Exercise directions - Retype the records that come next, word for word.

Records supplied -
▬▬▬▬▬▬
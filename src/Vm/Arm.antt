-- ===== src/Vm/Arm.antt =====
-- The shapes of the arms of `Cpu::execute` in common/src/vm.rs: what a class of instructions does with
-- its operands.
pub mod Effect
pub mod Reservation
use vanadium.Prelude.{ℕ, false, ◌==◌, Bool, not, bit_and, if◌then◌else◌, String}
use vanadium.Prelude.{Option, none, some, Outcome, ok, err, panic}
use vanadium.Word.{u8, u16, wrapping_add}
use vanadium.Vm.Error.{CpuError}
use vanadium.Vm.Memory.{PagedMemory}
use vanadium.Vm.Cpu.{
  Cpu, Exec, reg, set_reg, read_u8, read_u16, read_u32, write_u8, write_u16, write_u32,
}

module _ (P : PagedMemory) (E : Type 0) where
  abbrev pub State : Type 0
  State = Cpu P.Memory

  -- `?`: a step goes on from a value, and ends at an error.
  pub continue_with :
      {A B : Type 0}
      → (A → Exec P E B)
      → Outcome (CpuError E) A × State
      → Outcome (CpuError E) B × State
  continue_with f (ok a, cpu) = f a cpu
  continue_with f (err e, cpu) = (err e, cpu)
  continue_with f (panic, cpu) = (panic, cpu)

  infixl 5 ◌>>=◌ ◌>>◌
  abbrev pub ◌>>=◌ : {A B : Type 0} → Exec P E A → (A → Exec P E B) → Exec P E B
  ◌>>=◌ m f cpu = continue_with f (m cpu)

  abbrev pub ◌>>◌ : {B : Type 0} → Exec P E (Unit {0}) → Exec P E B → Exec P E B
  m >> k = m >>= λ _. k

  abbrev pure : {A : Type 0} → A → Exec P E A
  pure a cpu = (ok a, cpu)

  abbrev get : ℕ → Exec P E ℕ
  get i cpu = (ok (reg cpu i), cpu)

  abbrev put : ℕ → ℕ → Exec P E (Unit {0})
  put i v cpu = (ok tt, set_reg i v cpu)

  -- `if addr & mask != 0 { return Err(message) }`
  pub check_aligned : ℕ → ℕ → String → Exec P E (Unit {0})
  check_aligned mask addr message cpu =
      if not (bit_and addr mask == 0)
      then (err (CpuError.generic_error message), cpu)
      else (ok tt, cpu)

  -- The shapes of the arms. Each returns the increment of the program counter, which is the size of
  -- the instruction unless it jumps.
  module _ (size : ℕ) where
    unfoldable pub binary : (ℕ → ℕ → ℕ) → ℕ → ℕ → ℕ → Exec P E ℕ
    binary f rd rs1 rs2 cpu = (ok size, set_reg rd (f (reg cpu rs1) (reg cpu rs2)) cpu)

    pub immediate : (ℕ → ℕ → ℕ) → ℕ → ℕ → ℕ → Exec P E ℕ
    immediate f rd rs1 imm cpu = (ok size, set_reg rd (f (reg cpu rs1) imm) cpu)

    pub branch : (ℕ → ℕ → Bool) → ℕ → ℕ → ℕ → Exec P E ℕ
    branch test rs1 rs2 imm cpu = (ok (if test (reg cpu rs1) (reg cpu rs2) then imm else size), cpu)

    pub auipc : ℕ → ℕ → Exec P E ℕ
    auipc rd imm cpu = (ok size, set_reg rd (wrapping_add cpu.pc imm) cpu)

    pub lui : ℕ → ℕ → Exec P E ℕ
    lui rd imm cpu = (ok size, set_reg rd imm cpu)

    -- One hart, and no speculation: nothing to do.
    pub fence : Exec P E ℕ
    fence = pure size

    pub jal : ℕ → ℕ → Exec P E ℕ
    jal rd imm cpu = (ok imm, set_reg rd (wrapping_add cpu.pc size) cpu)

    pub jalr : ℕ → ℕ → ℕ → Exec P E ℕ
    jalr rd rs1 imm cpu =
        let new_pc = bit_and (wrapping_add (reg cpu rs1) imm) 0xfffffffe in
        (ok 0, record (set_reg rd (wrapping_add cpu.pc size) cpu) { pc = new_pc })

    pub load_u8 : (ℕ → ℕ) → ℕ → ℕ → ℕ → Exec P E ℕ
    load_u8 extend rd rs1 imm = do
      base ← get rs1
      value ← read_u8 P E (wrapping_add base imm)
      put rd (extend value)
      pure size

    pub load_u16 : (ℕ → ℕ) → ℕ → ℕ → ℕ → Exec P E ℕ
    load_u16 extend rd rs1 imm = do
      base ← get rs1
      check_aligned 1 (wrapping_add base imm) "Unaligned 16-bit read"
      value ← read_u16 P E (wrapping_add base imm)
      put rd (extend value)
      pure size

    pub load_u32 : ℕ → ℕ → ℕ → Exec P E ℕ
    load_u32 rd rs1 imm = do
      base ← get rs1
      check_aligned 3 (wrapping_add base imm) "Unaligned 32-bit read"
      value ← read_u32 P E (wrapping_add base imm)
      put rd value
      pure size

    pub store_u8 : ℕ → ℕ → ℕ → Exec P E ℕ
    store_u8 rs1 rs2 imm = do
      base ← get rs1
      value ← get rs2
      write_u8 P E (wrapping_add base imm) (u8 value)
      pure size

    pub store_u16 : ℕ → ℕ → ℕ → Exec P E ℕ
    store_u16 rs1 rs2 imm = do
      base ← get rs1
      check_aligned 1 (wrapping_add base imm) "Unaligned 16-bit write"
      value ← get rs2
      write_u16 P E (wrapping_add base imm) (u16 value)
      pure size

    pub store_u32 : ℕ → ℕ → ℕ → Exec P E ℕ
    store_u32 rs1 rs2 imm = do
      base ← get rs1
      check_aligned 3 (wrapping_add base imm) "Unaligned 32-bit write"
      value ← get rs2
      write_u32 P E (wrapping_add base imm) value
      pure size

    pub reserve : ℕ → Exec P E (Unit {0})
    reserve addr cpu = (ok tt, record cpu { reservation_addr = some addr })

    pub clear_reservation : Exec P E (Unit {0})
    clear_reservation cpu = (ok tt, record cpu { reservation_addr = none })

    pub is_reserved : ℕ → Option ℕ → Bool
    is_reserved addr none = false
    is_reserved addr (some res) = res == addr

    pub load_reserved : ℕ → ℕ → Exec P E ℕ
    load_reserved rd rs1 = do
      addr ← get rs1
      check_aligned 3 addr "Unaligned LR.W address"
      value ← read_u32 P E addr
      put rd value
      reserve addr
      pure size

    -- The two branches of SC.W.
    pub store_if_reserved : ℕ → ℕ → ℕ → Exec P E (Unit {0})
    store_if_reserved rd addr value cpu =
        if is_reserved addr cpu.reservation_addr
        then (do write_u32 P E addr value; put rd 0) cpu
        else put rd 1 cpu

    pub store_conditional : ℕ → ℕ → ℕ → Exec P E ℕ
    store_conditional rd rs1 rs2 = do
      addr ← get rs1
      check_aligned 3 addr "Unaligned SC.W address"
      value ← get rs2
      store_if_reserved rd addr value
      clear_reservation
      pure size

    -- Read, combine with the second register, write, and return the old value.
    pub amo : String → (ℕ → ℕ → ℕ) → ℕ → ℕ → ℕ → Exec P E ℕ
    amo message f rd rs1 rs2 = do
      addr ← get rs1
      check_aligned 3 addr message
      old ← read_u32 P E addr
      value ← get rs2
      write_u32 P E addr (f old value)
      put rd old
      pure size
▬▬▬▬▬▬
Solution for this task -
filename src/Vm/Arm.antt
-- ===== src/Vm/Arm.antt =====
-- The shapes of the arms of `Cpu::execute` in common/src/vm.rs: what a class of instructions does with
-- its operands.
pub mod Effect
pub mod Reservation
use vanadium.Prelude.{ℕ, false, ◌==◌, Bool, not, bit_and, if◌then◌else◌, String}
use vanadium.Prelude.{Option, none, some, Outcome, ok, err, panic}
use vanadium.Word.{u8, u16, wrapping_add}
use vanadium.Vm.Error.{CpuError}
use vanadium.Vm.Memory.{PagedMemory}
use vanadium.Vm.Cpu.{
  Cpu, Exec, reg, set_reg, read_u8, read_u16, read_u32, write_u8, write_u16, write_u32,
}

module _ (P : PagedMemory) (E : Type 0) where
  abbrev pub State : Type 0
  State = Cpu P.Memory

  -- `?`: a step goes on from a value, and ends at an error.
  pub continue_with :
      {A B : Type 0}
      → (A → Exec P E B)
      → Outcome (CpuError E) A × State
      → Outcome (CpuError E) B × State
  continue_with f (ok a, cpu) = f a cpu
  continue_with f (err e, cpu) = (err e, cpu)
  continue_with f (panic, cpu) = (panic, cpu)

  infixl 5 ◌>>=◌ ◌>>◌
  abbrev pub ◌>>=◌ : {A B : Type 0} → Exec P E A → (A → Exec P E B) → Exec P E B
  ◌>>=◌ m f cpu = continue_with f (m cpu)

  abbrev pub ◌>>◌ : {B : Type 0} → Exec P E (Unit {0}) → Exec P E B → Exec P E B
  m >> k = m >>= λ _. k

  abbrev pure : {A : Type 0} → A → Exec P E A
  pure a cpu = (ok a, cpu)

  abbrev get : ℕ → Exec P E ℕ
  get i cpu = (ok (reg cpu i), cpu)

  abbrev put : ℕ → ℕ → Exec P E (Unit {0})
  put i v cpu = (ok tt, set_reg i v cpu)

  -- `if addr & mask != 0 { return Err(message) }`
  pub check_aligned : ℕ → ℕ → String → Exec P E (Unit {0})
  check_aligned mask addr message cpu =
      if not (bit_and addr mask == 0)
      then (err (CpuError.generic_error message), cpu)
      else (ok tt, cpu)

  -- The shapes of the arms. Each returns the increment of the program counter, which is the size of
  -- the instruction unless it jumps.
  module _ (size : ℕ) where
    unfoldable pub binary : (ℕ → ℕ → ℕ) → ℕ → ℕ → ℕ → Exec P E ℕ
    binary f rd rs1 rs2 cpu = (ok size, set_reg rd (f (reg cpu rs1) (reg cpu rs2)) cpu)

    pub immediate : (ℕ → ℕ → ℕ) → ℕ → ℕ → ℕ → Exec P E ℕ
    immediate f rd rs1 imm cpu = (ok size, set_reg rd (f (reg cpu rs1) imm) cpu)

    pub branch : (ℕ → ℕ → Bool) → ℕ → ℕ → ℕ → Exec P E ℕ
    branch test rs1 rs2 imm cpu = (ok (if test (reg cpu rs1) (reg cpu rs2) then imm else size), cpu)

    pub auipc : ℕ → ℕ → Exec P E ℕ
    auipc rd imm cpu = (ok size, set_reg rd (wrapping_add cpu.pc imm) cpu)

    pub lui : ℕ → ℕ → Exec P E ℕ
    lui rd imm cpu = (ok size, set_reg rd imm cpu)

    -- One hart, and no speculation: nothing to do.
    pub fence : Exec P E ℕ
    fence = pure size

    pub jal : ℕ → ℕ → Exec P E ℕ
    jal rd imm cpu = (ok imm, set_reg rd (wrapping_add cpu.pc size) cpu)

    pub jalr : ℕ → ℕ → ℕ → Exec P E ℕ
    jalr rd rs1 imm cpu =
        let new_pc = bit_and (wrapping_add (reg cpu rs1) imm) 0xfffffffe in
        (ok 0, record (set_reg rd (wrapping_add cpu.pc size) cpu) { pc = new_pc })

    pub load_u8 : (ℕ → ℕ) → ℕ → ℕ → ℕ → Exec P E ℕ
    load_u8 extend rd rs1 imm = do
      base ← get rs1
      value ← read_u8 P E (wrapping_add base imm)
      put rd (extend value)
      pure size

    pub load_u16 : (ℕ → ℕ) → ℕ → ℕ → ℕ → Exec P E ℕ
    load_u16 extend rd rs1 imm = do
      base ← get rs1
      check_aligned 1 (wrapping_add base imm) "Unaligned 16-bit read"
      value ← read_u16 P E (wrapping_add base imm)
      put rd (extend value)
      pure size

    pub load_u32 : ℕ → ℕ → ℕ → Exec P E ℕ
    load_u32 rd rs1 imm = do
      base ← get rs1
      check_aligned 3 (wrapping_add base imm) "Unaligned 32-bit read"
      value ← read_u32 P E (wrapping_add base imm)
      put rd value
      pure size

    pub store_u8 : ℕ → ℕ → ℕ → Exec P E ℕ
    store_u8 rs1 rs2 imm = do
      base ← get rs1
      value ← get rs2
      write_u8 P E (wrapping_add base imm) (u8 value)
      pure size

    pub store_u16 : ℕ → ℕ → ℕ → Exec P E ℕ
    store_u16 rs1 rs2 imm = do
      base ← get rs1
      check_aligned 1 (wrapping_add base imm) "Unaligned 16-bit write"
      value ← get rs2
      write_u16 P E (wrapping_add base imm) (u16 value)
      pure size

    pub store_u32 : ℕ → ℕ → ℕ → Exec P E ℕ
    store_u32 rs1 rs2 imm = do
      base ← get rs1
      check_aligned 3 (wrapping_add base imm) "Unaligned 32-bit write"
      value ← get rs2
      write_u32 P E (wrapping_add base imm) value
      pure size

    pub reserve : ℕ → Exec P E (Unit {0})
    reserve addr cpu = (ok tt, record cpu { reservation_addr = some addr })

    pub clear_reservation : Exec P E (Unit {0})
    clear_reservation cpu = (ok tt, record cpu { reservation_addr = none })

    pub is_reserved : ℕ → Option ℕ → Bool
    is_reserved addr none = false
    is_reserved addr (some res) = res == addr

    pub load_reserved : ℕ → ℕ → Exec P E ℕ
    load_reserved rd rs1 = do
      addr ← get rs1
      check_aligned 3 addr "Unaligned LR.W address"
      value ← read_u32 P E addr
      put rd value
      reserve addr
      pure size

    -- The two branches of SC.W.
    pub store_if_reserved : ℕ → ℕ → ℕ → Exec P E (Unit {0})
    store_if_reserved rd addr value cpu =
        if is_reserved addr cpu.reservation_addr
        then (do write_u32 P E addr value; put rd 0) cpu
        else put rd 1 cpu

    pub store_conditional : ℕ → ℕ → ℕ → Exec P E ℕ
    store_conditional rd rs1 rs2 = do
      addr ← get rs1
      check_aligned 3 addr "Unaligned SC.W address"
      value ← get rs2
      store_if_reserved rd addr value
      clear_reservation
      pure size

    -- Read, combine with the second register, write, and return the old value.
    pub amo : String → (ℕ → ℕ → ℕ) → ℕ → ℕ → ℕ → Exec P E ℕ
    amo message f rd rs1 rs2 = do
      addr ← get rs1
      check_aligned 3 addr message
      old ← read_u32 P E addr
      value ← get rs2
      write_u32 P E addr (f old value)
      put rd old
      pure size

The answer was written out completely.